(Stored items)
=== Section Start ===

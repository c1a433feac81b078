-- ===== src/Tests/Interleaved.antt =====
-- Two processes that acquire seats at once, on a server in memory.
use ticket_genius.Prelude.{
  ℕ, ◌≡◌, ◌≢◌, refl, false, none, some, List, [], ◌∷◌, arith, ◌==◌, if◌then◌else◌,
}
use ticket_genius.Prelude.Text.{Text, codes, text_eq, mentions}
use ticket_genius.Prelude.Dict.{lookup, insert}
use ticket_genius.Domain.Values.{Uuid}
use ticket_genius.Redis.Memory.{memory}
use ticket_genius.SeatHolds.{hold_key}
use ticket_genius.SeatHolds.Concurrent.{
  acquiring, deleting, owned, System, Event, turn, expire, happen, run,
}
use ticket_genius.SeatHolds.Concurrent.Exclusion.{interleaved_exclusion}
use ticket_genius.SeatHolds.Concurrent.Expiry.{expired_hold_lost}

abbrev plan : Uuid
plan = codes "p"

abbrev order : ℕ → Uuid
order i = i ∷ []

order-distinct : (i j : ℕ) → i ≢ j → order i ≢ order j
order-distinct i j differ same = ground arith

abbrev front : Text
front = codes "A-1-1"

abbrev back : Text
back = codes "A-1-2"

-- Nobody has sent a command; everybody wants both seats.
abbrev idle : System memory plan
idle = record { server = []; pc = λ i. acquiring [] (front ∷ back ∷ []) }

abbrev both : List (Event memory plan)
both = turn 1 ∷ turn 2 ∷ turn 1 ∷ []

interleaved_exclusion_example :
    let after = run memory plan order both idle in
    (lookup (hold_key plan back) after.server ≡ some (order 1))
    × (mentions back (owned (after.pc 2)) ≡ false)
unfolding happen lookup insert text_eq hold_key
interleaved_exclusion_example =
    interleaved_exclusion memory plan order order-distinct idle both
      (λ i. (front ∷ back ∷ [], refl)) refl 1 2 back (ground arith) refl

-- The first process is about to delete its hold of the seat in front, which the second one wants.
abbrev racing : System memory plan
racing = record {
  server = (hold_key plan front, order 1) ∷ [];
  pc = λ i. if i == 1 then deleting front [] else acquiring [] (front ∷ []);
}

expired_hold_lost_example :
    let after = run memory plan order (expire front ∷ turn 2 ∷ turn 1 ∷ []) racing in
    (after.pc 2 ≡ acquiring (front ∷ []) []) × (lookup (hold_key plan front) after.server ≡ none)
unfolding text_eq
expired_hold_lost_example =
    expired_hold_lost memory plan order racing 1 2 front [] [] (ground arith) refl refl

=== Section End ===

Work to complete: Isolate the lines above that contain the word "codes" and copy them.

Answer section:
use ticket_genius.Prelude.Text.{Text, codes, text_eq, mentions}
plan = codes "p"
front = codes "A-1-1"
back = codes "A-1-2"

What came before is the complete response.